Penalties for the various degrees of sexual assault become harsher at each level. In many states, punishment for first degree sexual assault, or aggravated sexual assault, may be as severe as 40 years, or even life, in prison. Punishment for fourth degree sexual assault is often somewhere between 2 and 4 years in prison. In addition to imprisonment, fines may be imposed, and the perpetrator is likely to be ordered to register as a sex offender.

Football Coach Convicted of Sexual Assault

In 2011, famed assistant football coach at Pennsylvania State University, Gerald Sandusky, saw his coaching career come to a screeching halt. Following a 2-year grand jury investigation, the two-time Assistant Coach of the Year was charged with 52 counts of child sexual assault, which occurred over a 15 year time period. Sandusky met his young victims through his own non-profit foundation, The Second Mile.

At the time of his arrest, Sandusky was charged with seven counts of involuntary deviate sexual intercourse, eight counts of endangering the welfare of a child, eight counts of corruption of a minor, and seven counts of indecent assault, among other offenses. Four of these counts were dropped before trial. The victims, boys ranging from 8 to 12 years old, trusted Sandusky as a mentor, and four of them testified against him at his trial.

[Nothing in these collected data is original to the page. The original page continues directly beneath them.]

-- ===== src/Fdt/Calls/Steps.antt =====
-- crates/k0-boot/src/fdt.rs: one round of the loop over the tokens, where the bytes of a call stand.
use k.Base.{
  length, ℕ, ◌+◌, ◌-◌, ◌%◌, ◌^◌, ◌<◌, ◌≡◌, refl, sym, ap, ◌∙◌, subst, arith, List, [], ◌∷◌, ◌++◌,
  some, length-append,
}
use mathlib.Core.List.{append_assoc}
use k.Base.Words.{word_size, checked_add}
use k.Base.Bytes.{to_be, get_range, find_zero}
use k.Fdt.{Outcome, ok, err, panic, unfinished, ◌>>=◌, add, be32, index_range, align4, at_most}
use k.Fdt.Tree.{
  Layout, Walk, begin_node, end_node, prop_name, prop, step, begin_token, end_node_token,
  prop_token, nop_token,
}
use k.Fdt.Builder.{padding}
use k.Fdt.Board.{Call, begin_call, end_call, nop_call, prop_call}
use k.Fdt.At.{
  At, At-step, At-length, get_range-At, index_range-At, be32-At, NoZero, find_zero-name,
  length-to_be,
}
use k.Fdt.Names.{HoldsName, prop_name-At}
use k.Fdt.Calls.{run_call, IsCall, bytes_of, HoldsCall, length-zeros}

pub >>=-assoc :
    {A B C : Type 0} (m : Outcome A) (f : A → Outcome B) (g : B → Outcome C)
    → ((m >>= f) >>= g) ≡ (m >>= (λ a. f a >>= g))
>>=-assoc (ok a) f g = refl
>>=-assoc (err e) f g = refl
>>=-assoc panic f g = refl
>>=-assoc unfinished f g = refl

align4-at : (v n : ℕ) → v + 3 < word_size → n ≡ v + 3 - (v + 3) % 4 → align4 v ≡ ok n
unfolding align4
align4-at v n h e = rw (sum_lem, e) refl
  where
    sum_lem : checked_add v 3 ≡ some (v + 3)
    sum_lem = ground arith

-- The token of a call.
abbrev pub token_of : Call → ℕ
token_of (begin_call name) = begin_token
token_of end_call = end_node_token
token_of nop_call = nop_token
token_of (prop_call name value) = prop_token

-- Values are shorter than 4 GiB.
abbrev pub IsShort : Call → Type 0
IsShort (begin_call name) = Unit
IsShort end_call = Unit
IsShort nop_call = Unit
IsShort (prop_call name value) = length value < 2 ^ 32

-- The bytes of the structure block from `off` on are `here` and `rest`, and then come the strings.
module _ (l : Layout) (strings : List ℕ) (small : length l.blob < 2 ^ 63)
    (at_strings : At l.blob l.off_strings strings)
    (end_strings : l.strings_end ≡ l.off_strings + length strings) where
  module _ (off : ℕ) (rest : List ℕ) (whole : off % 4 ≡ 0) (some_rest : 0 < length rest) where
    begin_node-At :
        (name : List ℕ) (w : Walk)
        → NoZero name
        → At l.blob off (((name ++ (0 ∷ [])) ++ padding (length name + 1)) ++ (rest ++ strings))
        → l.struct_end
          ≡ off + length ((name ++ (0 ∷ [])) ++ padding (length name + 1)) + length rest
        → begin_node l off w ≡ (
            run_call (begin_call name) w
            >>= (λ w'. ok (off + length ((name ++ (0 ∷ [])) ++ padding (length name + 1)), w')))
    unfolding begin_node run_call
    begin_node-At name w letters at last =
        simp (rest_lem, find_lem, sum_lem, name_lem, after_lem, align_lem, >>=-assoc)
      where
        block : List ℕ
        block = (name ++ (0 ∷ [])) ++ padding (length name + 1)

        tail : List ℕ
        tail = padding (length name + 1) ++ rest

        split : block ++ rest ≡ name ++ (0 ∷ tail)
        split = simp append_assoc

        some_byte : 0 < length (block ++ (rest ++ strings))
        some_byte = omega (
          arith,
          length-append block (rest ++ strings),
          length-append (name ++ (0 ∷ [])) (padding (length name + 1)),
          length-append name (0 ∷ []),
        )

        total : off + length (block ++ (rest ++ strings)) ≡ length l.blob
        total = At-length l.blob off (block ++ (rest ++ strings)) at some_byte

        lengths : length block ≡ length name + 1 + (4 - (length name + 1) % 4) % 4
        lengths = omega (
          arith,
          length-append (name ++ (0 ∷ [])) (padding (length name + 1)),
          length-append name (0 ∷ []),
          length-zeros ((4 - (length name + 1) % 4) % 4),
        )

        bound : off + length block + length rest < 2 ^ 63
        bound =
            omega (arith, total, length-append block (rest ++ strings), length-append rest strings)

        at_split : At l.blob off ((name ++ (0 ∷ tail)) ++ strings)
        at_split = at ∙ (sym (append_assoc block rest strings) ∙ ap (λ t. t ++ strings) split)

        rest_lem : get_range l.blob off l.struct_end ≡ some (name ++ (0 ∷ tail))
        rest_lem =
            ap (get_range l.blob off) {y = off + length (name ++ (0 ∷ tail))}
              (omega (arith, last, ap length split, length-append block rest))
            ∙ get_range-At l.blob off (name ++ (0 ∷ tail)) strings at_split (
                omega (
                  arith,
                  length-append (name ++ (0 ∷ tail)) strings,
                  length-append name (0 ∷ tail),
                ))

        find_lem : find_zero (name ++ (0 ∷ tail)) ≡ some (length name)
        find_lem = find_zero-name name tail letters

        sum_lem : add off (length name) ≡ ok (off + length name)
        sum_lem = ground (arith, bound, lengths)

        name_lem : index_range l.blob off (off + length name) ≡ ok name
        name_lem =
            index_range-At l.blob off name ((0 ∷ tail) ++ strings)
              (at_split ∙ append_assoc name (0 ∷ tail) strings)
              (omega (arith, length-append name ((0 ∷ tail) ++ strings)))

        after_lem : add (off + length name) 1 ≡ ok (off + length name + 1)
        after_lem = ground (arith, bound, lengths)

        align_lem : align4 (off + length name + 1) ≡ ok (off + length block)
        align_lem =
            align4-at (off + length name + 1) (off + length block) (omega (arith, bound, lengths))
              (omega (arith, lengths, whole))

    prop-At :
        (n : ℕ) (name value : List ℕ) (w : Walk)
        → n < 2 ^ 32
        → length value < 2 ^ 32
        → NoZero name
        → HoldsName strings n name
        → At l.blob off (
            (to_be 4 (length value) ++ (to_be 4 n ++ (value ++ padding (length value))))
            ++ (rest ++ strings))
        → l.struct_end
          ≡ off
            + length (to_be 4 (length value) ++ (to_be 4 n ++ (value ++ padding (length value))))
            + length rest
        → prop l off w ≡ (
            run_call (prop_call name value) w >>= (λ w'. ok (
              off
                  + length
                      (to_be 4 (length value) ++ (to_be 4 n ++ (value ++ padding (length value)))),
              w',
            )))
    unfolding prop run_call
    prop-At n name value w small_name small_value letters holds at last = simp (
      len_lem, second_lem, off_lem, start_lem, end_lem, name_lem, value_lem, align_lem, >>=-assoc,
    )
      where
        inner : List ℕ
        inner = value ++ padding (length value)

        block : List ℕ
        block = to_be 4 (length value) ++ (to_be 4 n ++ inner)

        lengths : length block ≡ 8 + (length value + (4 - length value % 4) % 4)
        lengths = omega (
          arith,
          length-append (to_be 4 (length value)) (to_be 4 n ++ inner),
          length-append (to_be 4 n) inner,
          length-append value (padding (length value)),
          length-zeros ((4 - length value % 4) % 4),
          length-to_be 4 (length value),
          length-to_be 4 n,
        )

        total : off + length (block ++ (rest ++ strings)) ≡ length l.blob
        total =
            At-length l.blob off (block ++ (rest ++ strings)) at
              (omega (arith, length-append block (rest ++ strings), lengths))

        bound : off + length block + length rest < 2 ^ 63
        bound =
            omega (arith, total, length-append block (rest ++ strings), length-append rest strings)

        at_len :
            At l.blob off (to_be 4 (length value) ++ ((to_be 4 n ++ inner) ++ (rest ++ strings)))
        at_len = at ∙ append_assoc (to_be 4 (length value)) (to_be 4 n ++ inner) (rest ++ strings)

        at_name : At l.blob (off + 4) (to_be 4 n ++ (inner ++ (rest ++ strings)))
        at_name =
            subst (λ t. At l.blob (off + t) ((to_be 4 n ++ inner) ++ (rest ++ strings)))
              (length-to_be 4 (length value))
              (At-step l.blob off (to_be 4 (length value))
                ((to_be 4 n ++ inner) ++ (rest ++ strings)) at_len)
            ∙ append_assoc (to_be 4 n) inner (rest ++ strings)

        at_value : At l.blob (off + 8) (value ++ (padding (length value) ++ (rest ++ strings)))
        at_value =
            subst (λ t. At l.blob t (inner ++ (rest ++ strings))) (omega (arith, length-to_be 4 n))
              (At-step l.blob (off + 4) (to_be 4 n) (inner ++ (rest ++ strings)) at_name)
            ∙ append_assoc value (padding (length value)) (rest ++ strings)

        len_lem : be32 l.blob off ≡ ok (length value)
        len_lem =
            be32-At l.blob small off (length value) ((to_be 4 n ++ inner) ++ (rest ++ strings))
              small_value at_len

        second_lem : add off 4 ≡ ok (off + 4)
        second_lem = ground (arith, bound)

        off_lem : be32 l.blob (off + 4) ≡ ok n
        off_lem = be32-At l.blob small (off + 4) n (inner ++ (rest ++ strings)) small_name at_name

        start_lem : add off 8 ≡ ok (off + 8)
        start_lem = ground (arith, bound)

        end_lem :
            at_most l.struct_end (checked_add (off + 8) (length value))
            ≡ some (off + 8 + length value)
        end_lem = ground (arith, bound, lengths, last)

        name_lem : prop_name l n ≡ ok name
        name_lem = prop_name-At l strings n name small at_strings end_strings letters holds

        value_lem : index_range l.blob (off + 8) (off + 8 + length value) ≡ ok value
        value_lem =
            index_range-At l.blob (off + 8) value (padding (length value) ++ (rest ++ strings))
              at_value
              (omega (
                arith,
                some_rest,
                length-append value (padding (length value) ++ (rest ++ strings)),
                length-append (padding (length value)) (rest ++ strings),
                length-append rest strings,
              ))

        align_lem : align4 (off + 8 + length value) ≡ ok (off + length block)
        align_lem =
            align4-at (off + 8 + length value) (off + length block) (omega (arith, bound, lengths))
              (omega (arith, lengths, whole))

  module _ (off n : ℕ) (rest : List ℕ) (whole : off % 4 ≡ 0) (some_rest : 0 < length rest)
      (small_name : n < 2 ^ 32) where
    -- The rest of a call, behind its token.
    tail_At :
        (t : ℕ) (block : List ℕ)
        → At l.blob off ((to_be 4 t ++ block) ++ (rest ++ strings))
        → At l.blob (off + 4) (block ++ (rest ++ strings))
    tail_At t block at =
        subst (λ k. At l.blob (off + k) (block ++ (rest ++ strings))) (length-to_be 4 t)
          (At-step l.blob off (to_be 4 t) (block ++ (rest ++ strings))
            (at ∙ append_assoc (to_be 4 t) block (rest ++ strings)))

    tail_length :
        (t : ℕ) (block : List ℕ) → off + length (to_be 4 t ++ block) ≡ off + 4 + length block
    tail_length t block = omega (arith, length-append (to_be 4 t) block, length-to_be 4 t)

    pub step-call :
        (c : Call) (w : Walk)
        → IsCall c
        → IsShort c
        → HoldsCall strings n c
        → At l.blob off (bytes_of n c ++ (rest ++ strings))
        → l.struct_end ≡ off + length (bytes_of n c) + length rest
        → step l (token_of c) (off + 4) w
          ≡ (run_call c w >>= (λ w'. ok (off + length (bytes_of n c), w')))
    unfolding step bytes_of run_call
    step-call (begin_call name) w letters short holds at last =
        let block = (name ++ (0 ∷ [])) ++ padding (length name + 1) in
        rw (tail_length begin_token block) (
          begin_node-At (off + 4) rest (omega (arith, whole)) some_rest name w letters
            (tail_At begin_token block at)
            (last ∙ ap (λ t. t + length rest) (tail_length begin_token block)))
    step-call end_call w letters short holds at last =
        ap (λ t. end_node w >>= (λ w'. ok (off + t, w'))) (sym (length-to_be 4 end_node_token))
    step-call nop_call w letters short holds at last =
        ap (λ t. ok (off + t, w)) (sym (length-to_be 4 nop_token))
    step-call (prop_call name value) w letters short holds at last =
        let block = to_be 4 (length value) ++ (to_be 4 n ++ (value ++ padding (length value))) in
        rw (tail_length prop_token block) (
          prop-At (off + 4) rest (omega (arith, whole)) some_rest n name value w small_name short
            letters holds (tail_At prop_token block at)
            (last ∙ ap (λ t. t + length rest) (tail_length prop_token block)))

Following a 10-day trial, Gerald Sandusky was found guilty of 45 of the 48 remaining counts against him, including:

  • 8 counts of involuntary deviate sexual intercourse
  • 7 counts of indecent assault
  • 1 count of criminal intent to commit indecent assault
  • 9 counts of unlawful contact with a minor
  • 10 counts of corruption of a minor
  • 10 counts of endangering the welfare of children

Sandusky faced a maximum sentence of 442 years in prison, and a minimum sentence of 60 years in prison. Because of Sandusky’s age, even the minimum sentence amounted to a life sentence. Ultimately, the judge sentenced this sex offender to 60 years in the Pennsylvania state prison, with parole possible only after 30 years. By that time, Sandusky will be 98 years old.

Sexual Assault Statistics

While sexual assault statistics are somewhat difficult to come by accurately, due to the tendency of victims to not report the crime, studies have been undertaken by a few organizations to get a glimpse into the victims and perpetrators of this crime. According to the Rape Abuse and Incest National Network (“RAINN”):

  • Nearly 300,000 people, age 12 and older, fall victim to sexual assault each year in the U.S.
  • Summer has the highest rate of sexual assaults, and winter the lowest
  • An estimated 68 percent of sexual assaults go unreported
  • Approximately 82 percent of sexual assaults are perpetrated by someone known to the victim
  • Approximately 25 percent of sexual assaults are perpetrated by an intimate partner
  • Approximately 50 percent of reported sexual assaults occur at, or within one mile of, the victim’s home
  • The perpetrator of one in three sexual assaults is intoxicated: 30 percent with alcohol, 4 percent with drugs
  • Nearly half of all sexual assault perpetrators released from prison are re-arrested within 3 years for another crime

Related Legal Terms and Issues

  • Incapacitated – To be unable to act or respond.
  • Jurisdiction – The legal authority to hear legal cases and make judgments; the geographical region of authority to enforce justice.
  • Perpetrator – A person who commits an illegal or criminal act.